_YOUR OBJECTIVE_
Which lines of the data contain the string "does"? Show each of them.

'''

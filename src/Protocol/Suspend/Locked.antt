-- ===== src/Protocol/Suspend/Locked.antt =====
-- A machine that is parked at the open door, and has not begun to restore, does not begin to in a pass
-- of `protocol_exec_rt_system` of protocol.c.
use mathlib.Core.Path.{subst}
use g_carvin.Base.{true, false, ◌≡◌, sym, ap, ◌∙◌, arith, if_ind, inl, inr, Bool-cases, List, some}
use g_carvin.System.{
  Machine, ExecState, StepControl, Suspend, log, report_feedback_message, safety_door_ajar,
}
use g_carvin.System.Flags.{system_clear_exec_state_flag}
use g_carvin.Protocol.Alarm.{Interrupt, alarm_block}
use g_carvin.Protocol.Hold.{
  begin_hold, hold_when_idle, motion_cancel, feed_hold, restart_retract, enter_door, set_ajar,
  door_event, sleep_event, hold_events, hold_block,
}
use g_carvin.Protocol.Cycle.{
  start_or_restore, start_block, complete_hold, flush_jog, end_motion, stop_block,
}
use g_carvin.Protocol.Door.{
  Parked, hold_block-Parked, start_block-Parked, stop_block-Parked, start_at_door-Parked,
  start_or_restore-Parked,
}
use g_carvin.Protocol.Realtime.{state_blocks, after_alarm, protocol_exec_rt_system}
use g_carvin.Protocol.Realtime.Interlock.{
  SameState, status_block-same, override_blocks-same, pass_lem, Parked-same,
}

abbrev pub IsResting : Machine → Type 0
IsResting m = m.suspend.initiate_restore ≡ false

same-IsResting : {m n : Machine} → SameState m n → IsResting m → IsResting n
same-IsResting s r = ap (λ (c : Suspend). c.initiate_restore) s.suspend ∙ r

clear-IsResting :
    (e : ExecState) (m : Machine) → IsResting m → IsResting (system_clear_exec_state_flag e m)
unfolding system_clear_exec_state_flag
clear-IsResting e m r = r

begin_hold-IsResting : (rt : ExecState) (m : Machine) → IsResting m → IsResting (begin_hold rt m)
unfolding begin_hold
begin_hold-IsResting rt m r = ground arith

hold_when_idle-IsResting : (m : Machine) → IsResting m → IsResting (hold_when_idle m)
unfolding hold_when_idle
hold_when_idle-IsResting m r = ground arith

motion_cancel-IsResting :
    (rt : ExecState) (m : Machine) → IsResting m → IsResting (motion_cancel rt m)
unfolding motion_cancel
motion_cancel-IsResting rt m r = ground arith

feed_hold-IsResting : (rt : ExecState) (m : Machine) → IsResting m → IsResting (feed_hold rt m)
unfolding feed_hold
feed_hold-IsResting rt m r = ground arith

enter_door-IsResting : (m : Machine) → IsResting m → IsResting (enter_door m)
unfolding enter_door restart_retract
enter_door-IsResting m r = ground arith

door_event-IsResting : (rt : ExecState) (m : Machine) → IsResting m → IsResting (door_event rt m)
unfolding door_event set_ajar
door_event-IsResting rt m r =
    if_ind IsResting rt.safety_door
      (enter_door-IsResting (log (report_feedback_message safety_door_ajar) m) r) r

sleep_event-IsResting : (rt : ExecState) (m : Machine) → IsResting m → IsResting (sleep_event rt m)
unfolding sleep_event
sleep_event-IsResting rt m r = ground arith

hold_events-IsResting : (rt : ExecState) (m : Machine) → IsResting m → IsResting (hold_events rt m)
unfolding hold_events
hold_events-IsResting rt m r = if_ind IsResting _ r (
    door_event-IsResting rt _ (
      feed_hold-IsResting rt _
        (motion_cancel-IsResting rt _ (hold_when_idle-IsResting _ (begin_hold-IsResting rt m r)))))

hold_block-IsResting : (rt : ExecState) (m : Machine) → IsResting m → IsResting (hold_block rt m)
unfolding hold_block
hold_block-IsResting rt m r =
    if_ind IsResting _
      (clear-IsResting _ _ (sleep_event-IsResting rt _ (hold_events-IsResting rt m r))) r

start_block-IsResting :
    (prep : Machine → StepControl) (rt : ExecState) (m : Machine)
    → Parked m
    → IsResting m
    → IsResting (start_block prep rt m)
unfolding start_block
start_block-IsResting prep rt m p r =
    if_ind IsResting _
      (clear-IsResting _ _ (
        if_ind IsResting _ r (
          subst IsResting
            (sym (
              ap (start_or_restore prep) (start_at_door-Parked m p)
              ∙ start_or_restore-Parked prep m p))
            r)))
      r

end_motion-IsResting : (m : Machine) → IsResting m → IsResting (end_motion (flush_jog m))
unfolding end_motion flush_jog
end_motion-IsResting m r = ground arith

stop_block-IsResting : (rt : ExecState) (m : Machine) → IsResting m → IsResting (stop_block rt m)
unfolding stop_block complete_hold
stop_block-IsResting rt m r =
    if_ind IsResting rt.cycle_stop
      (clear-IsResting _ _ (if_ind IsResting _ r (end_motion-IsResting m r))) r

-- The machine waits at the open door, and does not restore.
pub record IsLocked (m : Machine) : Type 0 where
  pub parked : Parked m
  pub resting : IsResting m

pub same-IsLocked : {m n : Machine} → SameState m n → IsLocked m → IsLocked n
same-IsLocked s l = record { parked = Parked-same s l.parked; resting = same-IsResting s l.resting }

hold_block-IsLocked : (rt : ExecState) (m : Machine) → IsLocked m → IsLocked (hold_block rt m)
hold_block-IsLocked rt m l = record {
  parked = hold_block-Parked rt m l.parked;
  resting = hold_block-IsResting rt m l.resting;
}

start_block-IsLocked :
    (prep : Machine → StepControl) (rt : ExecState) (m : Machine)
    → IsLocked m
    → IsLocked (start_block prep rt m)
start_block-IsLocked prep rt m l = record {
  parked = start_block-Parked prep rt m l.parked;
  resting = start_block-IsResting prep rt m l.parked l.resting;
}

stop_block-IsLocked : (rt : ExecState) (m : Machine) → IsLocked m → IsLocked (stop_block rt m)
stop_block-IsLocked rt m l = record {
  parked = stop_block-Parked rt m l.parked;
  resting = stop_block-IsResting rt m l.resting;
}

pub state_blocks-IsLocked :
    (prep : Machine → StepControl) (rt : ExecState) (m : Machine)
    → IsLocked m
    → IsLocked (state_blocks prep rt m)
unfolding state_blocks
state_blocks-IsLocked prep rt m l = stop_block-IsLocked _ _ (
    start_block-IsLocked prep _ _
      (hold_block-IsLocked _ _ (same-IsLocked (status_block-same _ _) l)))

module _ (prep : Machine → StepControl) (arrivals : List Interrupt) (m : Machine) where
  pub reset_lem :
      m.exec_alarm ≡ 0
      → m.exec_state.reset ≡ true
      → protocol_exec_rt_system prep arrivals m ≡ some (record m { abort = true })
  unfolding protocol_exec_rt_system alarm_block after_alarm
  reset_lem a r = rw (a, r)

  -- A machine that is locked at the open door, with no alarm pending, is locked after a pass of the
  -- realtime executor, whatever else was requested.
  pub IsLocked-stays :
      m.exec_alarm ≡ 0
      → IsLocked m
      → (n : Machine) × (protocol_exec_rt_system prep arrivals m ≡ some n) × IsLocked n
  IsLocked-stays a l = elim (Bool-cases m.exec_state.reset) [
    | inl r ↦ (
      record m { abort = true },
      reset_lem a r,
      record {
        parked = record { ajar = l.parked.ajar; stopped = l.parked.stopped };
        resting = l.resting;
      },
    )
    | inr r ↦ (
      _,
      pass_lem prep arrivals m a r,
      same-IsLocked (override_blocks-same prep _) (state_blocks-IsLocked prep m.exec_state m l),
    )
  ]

'''

_RESPONSE TO THE TASK_
-- A machine that is parked at the open door, and has not begun to restore, does not begin to in a pass
-- The machine waits at the open door, and does not restore.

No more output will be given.